Mon Jan 7, 2013, 04:25 PM

66. Most of my friends were forced to relocate after college

Last edited Mon Jan 7, 2013, 05:08 PM - Edit history (1)

I'm not an authority on this, but based on the experiences of my college graduate friends, the time it takes to gain employment depends on several things, like your major, proficiency (because a lot of employers do pop quizzes during interviews), and willingness to relocate. Depending on your field, the university you attended may play a role as well. The IT/computer *whizzes* I know never have a problem finding work, and they're not forced to move anywhere to find work. The mediocre IT/computer science graduates have a much harder time. New graduates need to be creative in where they're looking--try smaller companies, look into federal jobs, or work in a completely different field from what they majored in. If they majored in something like psychology, they won't find decent work in their field until they complete graduate school.

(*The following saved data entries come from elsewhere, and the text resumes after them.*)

-- ===== src/AllowList/Parse.antt =====
-- crates/aqua-messenger/src/allowlist.rs: the checks of a file.
-- What `toml` makes of the text is an argument: the three sections, the observer rows not typed yet.
use aqua_matrix_connector.Common.{
  some, none, Option, List, ◌∷◌, Bool, [], find, any, if◌then◌else◌, ◌++◌, map, not, ◌&&◌, ◌||◌,
}
use aqua_matrix_connector.Common.Text.{
  Text, to_ascii_lowercase, is_empty, eq_ignore_ascii_case, starts_with, text_eq, trim,
}
use aqua_matrix_connector.AllowList.{
  RoomEntry, Observer, Recipient, Parsed, is_valid_mxid, at_sign, bang, is_valid_room_id,
}

-- A row of `observers`: its `name` if that is a string, and the row as an observer if it converts.
pub record Row : Type 0 where
  pub label : Option Text
  pub typed : Option Observer

pub data RawObservers : Type 0 where
  no_array : RawObservers
  rows : List Row → RawObservers

pub record AllowListFile : Type 0 where
  pub recipients : List Recipient
  pub rooms : List RoomEntry
  pub observers : Option RawObservers

pub data Reason : Type 0 where
  syntax_error : Reason
  empty_name : Text → Reason
  invalid_mxid : Text → Text → Reason
  duplicate_name : Text → Reason
  name_like_an_id : Text → Reason
  invalid_room_id : Text → Text → Reason
  room_listed_twice : Text → Reason
  reuses_fixed_name : Text → Text → Reason
  observers_no_array : Reason
  bad_row : Reason
  own_account : Text → Reason
  also_recipient : Text → Reason
  in_listed_room : Text → Reason
  observer_name_taken : Reason
  other_observer_name : Reason
  room_observed_twice : Text → Text → Reason
  unreadable_file : Reason

pub data ParseFailure : Type 0 where
  file_failure : Reason → ParseFailure
  observer_failure : Reason → ParseFailure

-- `Ok` and `Err`.
pub data Result (E A : Type 0) : Type 0 where
  ok : A → Result E A
  err : E → Result E A

unfoldable pub lower_name : Text → Text
lower_name name = to_ascii_lowercase (trim name)

-- The loop over the recipients, with the names seen so far.
unfoldable pub check_recipients : List Text → List Recipient → Result Reason (List Text)
check_recipients names [] = ok names
check_recipients names (r ∷ rs) =
    let rest = check_recipients (lower_name r.name ∷ names) rs in
    if is_empty (trim r.name)
    then err (empty_name r.mxid)
    else if not (is_valid_mxid r.mxid)
    then err (invalid_mxid r.name r.mxid)
    else if any (text_eq (lower_name r.name)) names
    then err (duplicate_name r.name)
    else rest

-- The loop over the rooms, with the names and the room ids seen so far.
unfoldable pub check_rooms : List Text → List Text → List RoomEntry → Option Reason
check_rooms names ids [] = none
check_rooms names ids (r ∷ rs) =
    let name = trim r.name in
    let id = trim r.room_id in
    let rest = check_rooms (to_ascii_lowercase name ∷ names) (id ∷ ids) rs in
    if is_empty name
    then some (empty_name r.room_id)
    else if starts_with at_sign name || starts_with bang name
    then some (name_like_an_id r.name)
    else if not (is_valid_room_id id)
    then some (invalid_room_id r.name r.room_id)
    else if any (text_eq (to_ascii_lowercase name)) names
    then some (duplicate_name r.name)
    else if any (text_eq id) ids
    then some (room_listed_twice r.room_id)
    else rest

unfoldable pub trimmed_room : RoomEntry → RoomEntry
trimmed_room r = record { name = trim r.name; room_id = trim r.room_id; note = r.note }

unfoldable pub people_and_rooms :
    List Recipient → List RoomEntry → Result Reason (List Recipient × List RoomEntry)
people_and_rooms recipients rooms = elim (check_recipients [] recipients) [
  | err e ↦ err e
  | ok names ↦ elim (check_rooms names [] rooms) [
    | some e ↦ err e
    | none ↦ ok (recipients, map trimmed_room rooms)
  ]
]

unfoldable pub check_fixed : List Recipient → List Recipient → List RoomEntry → Option Reason
check_fixed [] recipients rooms = none
check_fixed (f ∷ fs) recipients rooms =
    let rest = check_fixed fs recipients rooms in
    elim (find (λ e. eq_ignore_ascii_case e.name f.name && not (eq_ignore_ascii_case e.mxid f.mxid))
      recipients) [
        | some c ↦ some (reuses_fixed_name c.name f.name)
        | none ↦ elim (find (λ r. eq_ignore_ascii_case r.name f.name) rooms) [
          | some r ↦ some (reuses_fixed_name r.name f.name)
          | none ↦ rest
        ]
      ]

-- What an observer row must not collide with.
pub record Others : Type 0 where
  pub recipients : List Recipient
  pub rooms : List RoomEntry
  pub fixed : List Recipient
  pub reserved : List Text

unfoldable pub is_person : Others → Text → Bool
is_person k mxid = any (λ r. eq_ignore_ascii_case r.mxid mxid) (k.recipients ++ k.fixed)

unfoldable pub name_taken : Others → Text → Bool
name_taken k name =
    any (λ n. eq_ignore_ascii_case (trim n) name)
      (map (λ r. r.name) k.recipients ++ map (λ r. r.name) k.fixed ++ map (λ r. r.name) k.rooms)

-- One row, after those accepted in `out`.
unfoldable pub check_observer : Others → List Observer → Observer → Result Reason Observer
check_observer k out o =
    let name = trim o.name in
    let room_id = trim o.room_id in
    if is_empty name
    then err (empty_name o.mxid)
    else if starts_with at_sign name || starts_with bang name
    then err (name_like_an_id o.name)
    else if not (is_valid_mxid o.mxid)
    then err (invalid_mxid o.name o.mxid)
    else if not (is_valid_room_id room_id)
    then err (invalid_room_id o.name o.room_id)
    else if any (λ r. eq_ignore_ascii_case r o.mxid) k.reserved
    then err (own_account o.mxid)
    else if is_person k o.mxid
    then err (also_recipient o.mxid)
    else if any (λ r. text_eq r.room_id room_id) k.rooms
    then err (in_listed_room room_id)
    else if name_taken k name
    then err observer_name_taken
    else if any (λ x. eq_ignore_ascii_case x.name name) out
    then err other_observer_name
    else elim (find (λ x. text_eq x.room_id room_id) out) [
      | some x ↦ err (room_observed_twice room_id x.name)
      | none ↦ ok (record { name = name; mxid = o.mxid; room_id = room_id; note = o.note })
    ]

unfoldable pub check_observers : Others → List Observer → List Row → Result Reason (List Observer)
check_observers k out [] = ok out
check_observers k out (row ∷ more) = elim row.typed [
  | none ↦ err bad_row
  | some o ↦ elim (check_observer k out o) [
    | err e ↦ err e
    | ok x ↦ check_observers k (out ++ x ∷ []) more
  ]
]

unfoldable pub parse_observers : Option RawObservers → Others → Result Reason (List Observer)
parse_observers none k = ok []
parse_observers (some no_array) k = err observers_no_array
parse_observers (some (rows more)) k = check_observers k [] more

-- `none` stands for a text that is not TOML of this shape.
unfoldable pub parse_with :
    Option AllowListFile → List Recipient → List Text → Result ParseFailure Parsed
parse_with none fixed reserved = err (file_failure syntax_error)
parse_with (some file) fixed reserved = elim (people_and_rooms file.recipients file.rooms) [
  | err e ↦ err (file_failure e)
  | ok lists ↦ elim (check_fixed fixed lists.0 lists.1) [
    | some e ↦ err (file_failure e)
    | none ↦
        elim (parse_observers file.observers
          (record { recipients = lists.0; rooms = lists.1; fixed = fixed; reserved = reserved })) [
            | err e ↦ err (observer_failure e)
            | ok observers ↦
                ok (record { recipients = lists.0; rooms = lists.1; observers = observers })
          ]
  ]
]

ETA: Also, there are so many freelance jobs a recent grad can do while waiting for that dream job with benefits (Google "freelance jobs"). Actually, now that the exchanges are coming, self employment will become even easier since you won't have to be glued to employers to get decent health insurance. There are millions of businesses that need services, such as company websites, logos, corporate stationary, press release articles, product descriptions, the list goes on and on. If you have photoshop skills, guess what, you're needed! There are also universities that need adjunct staff to administer e-courses (and some even hire people with bachelor's degrees).

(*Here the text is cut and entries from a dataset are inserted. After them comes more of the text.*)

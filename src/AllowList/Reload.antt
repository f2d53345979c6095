-- ===== src/AllowList/Reload.antt =====
-- crates/aqua-messenger/src/allowlist.rs: the list and its reloads.
-- What a reload finds at the path, the modification time included, is an argument.
use aqua_matrix_connector.Common.{
  ℕ, some, none, Option, Bool, List, [], ◌++◌, ◌&&◌, if◌then◌else◌, false, ◌∷◌, map, is_none, true,
  is_some, ◌==◌, any, length, ◌||◌, not,
}
use aqua_matrix_connector.AllowList.{Recipient, RoomEntry, Observer, Parsed}
use aqua_matrix_connector.AllowList.Parse.{
  AllowListFile, Reason, unreadable_file, file_failure, observer_failure, ok, err, parse_with,
  Result, ParseFailure,
}
use aqua_matrix_connector.Common.Text.{Text, codes, eq_ignore_ascii_case}

-- Reading the file: not found, another error, or its text as `toml` sees it.
pub data Reading : Type 0 where
  not_found : Reading
  unreadable : Reading
  reads : Option AllowListFile → Reading

-- `allowlist_rejected`: why, and whether the last good lists were kept.
pub record Audit : Type 0 where
  pub reason : Reason
  pub kept_last_good : Bool

pub record AllowList : Type 0 where
  pub path : Option Text
  pub mtime : Option ℕ
  pub fixed : List Recipient
  pub recipients : List Recipient
  pub rooms : List RoomEntry
  pub observers : List Observer
  pub reserved : List Text
  pub ever_observed : List Text
  pub load_error : Option Reason
  pub observer_error : Option Reason
  pub loaded : Bool
  pub pending_audit : List Audit
  pub label : Text
  pub approver : Text

unfoldable pub unloaded : Option Text → List Recipient → Text → Text → AllowList
unloaded path fixed label approver = record {
  path = path;
  mtime = none;
  fixed = fixed;
  recipients = fixed;
  rooms = [];
  observers = [];
  reserved = [];
  ever_observed = [];
  load_error = none;
  observer_error = none;
  loaded = false;
  pending_audit = [];
  label = label;
  approver = approver;
}

-- The file's people on top of the built-in ones: one entry per MXID, the first.
unfoldable pub merged : List Recipient → List Recipient → List Recipient
merged known [] = known
merged known (e ∷ es) =
    if any (λ r. eq_ignore_ascii_case r.mxid e.mxid) known
    then merged known es
    else merged (known ++ e ∷ []) es

unfoldable pub accept : AllowList → Parsed → AllowList
accept a p = record a {
  recipients = merged a.fixed p.recipients;
  rooms = p.rooms;
  observers = p.observers;
  ever_observed = a.ever_observed ++ map (λ o. o.room_id) p.observers;
  load_error = none;
  observer_error = none;
  loaded = true;
}

-- The built-in entries only.
unfoldable pub closed : AllowList → AllowList
closed a = record a { recipients = a.fixed; rooms = []; observers = [] }

unfoldable pub reject_observer : AllowList → Reason → AllowList
reject_observer a e =
    let keep = a.loaded && is_none a.load_error in
    let a' = record a {
      observer_error = some e;
      pending_audit = a.pending_audit ++ record { reason = e; kept_last_good = keep } ∷ [];
    } in
    if keep then a' else record (closed a') { load_error = some e }

unfoldable pub reject_file : AllowList → Reason → AllowList
reject_file a e = record (closed a) { observer_error = none; load_error = some e }

unfoldable pub is_empty_list : List Recipient → Bool
is_empty_list [] = true
is_empty_list (r ∷ rs) = false

unfoldable pub take_parsed : AllowList → Result ParseFailure Parsed → AllowList
take_parsed a (ok p) = accept a p
take_parsed a (err (observer_failure e)) = reject_observer a e
take_parsed a (err (file_failure e)) = reject_file a e

unfoldable pub take_reading : AllowList → Reading → AllowList
take_reading a not_found =
    if is_empty_list a.fixed
    then reject_file a unreadable_file
    else record (closed a) { load_error = none; observer_error = none; loaded = true }
take_reading a unreadable = reject_file a unreadable_file
take_reading a (reads file) = take_parsed a (parse_with file a.fixed a.reserved)

-- `mtime == self.mtime && self.mtime.is_some()`
unfoldable pub same_time : Option ℕ → Option ℕ → Bool
same_time (some m) (some n) = m == n
same_time m n = false

-- Whether the file is read again: there is one, and it is forced or its time changed.
unfoldable pub rereads : Bool → AllowList → Option ℕ → Bool
rereads force a mtime = is_some a.path && (force || not (same_time mtime a.mtime))

unfoldable pub reload : Bool → AllowList → Option ℕ → Reading → AllowList × Bool
reload force a mtime reading =
    if rereads force a mtime
    then (take_reading (record a { mtime = mtime }) reading, true)
    else (a, false)

unfoldable pub build : Option Text → List Recipient → Text → Text → Option ℕ → Reading → AllowList
build path fixed label approver mtime reading =
    (reload true (unloaded path fixed label approver) mtime reading).0

unfoldable pub new_with_reserved : Text → List Text → Option ℕ → Reading → AllowList
new_with_reserved path reserved mtime reading =
    (reload true
      (record (unloaded (some path) [] (codes "Aqua System") (codes "Tim")) { reserved = reserved })
      mtime reading).0

unfoldable pub owner_only : Recipient → Option Text → Text → Option ℕ → Reading → AllowList
owner_only owner extra_file label mtime reading =
    build extra_file (owner ∷ []) label (codes "the agent's owner") mtime reading

-- What a file holds, as the daemon would load it, and why it would not take it.
pub record CheckSummary : Type 0 where
  pub recipients : ℕ
  pub rooms : ℕ
  pub observers : List (Text × Text)

pub data CheckFailure : Type 0 where
  start_error : Reason → CheckFailure
  fails_closed : Reason → CheckFailure

unfoldable pub check_file : Text → List Text → Option ℕ → Reading → Result CheckFailure CheckSummary
check_file path reserved mtime reading =
    let a = new_with_reserved path reserved mtime reading in
    elim a.observer_error [
      | some e ↦ err (start_error e)
      | none ↦ elim a.load_error [
        | some e ↦ err (fails_closed e)
        | none ↦ ok (record {
          recipients = length a.recipients;
          rooms = length a.rooms;
          observers = map (λ o. (o.name, o.room_id)) a.observers;
        })
      ]
    ]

Also, a quick browse through youtube reveals hundreds if not thousands of people who are actually making money through blogging and vlogging. Combining passion about a topic (like a personal weight loss journey or favorite products) with some affiliate networking can be a decent income stream as well. Several years ago, I gained weight and I kept a journal and pictures of my weight loss progress. So many people asked me about how I lost weight that I did a tiny amount of affiliate marketing in the form of a youtube video and made a few thousands). I'd imagine that people putting more effort in would make a lot more. When friends of mine complain about being broke, etc., I tell them about all these opportunities for extra income and they look at me like I'm speaking a foreign language.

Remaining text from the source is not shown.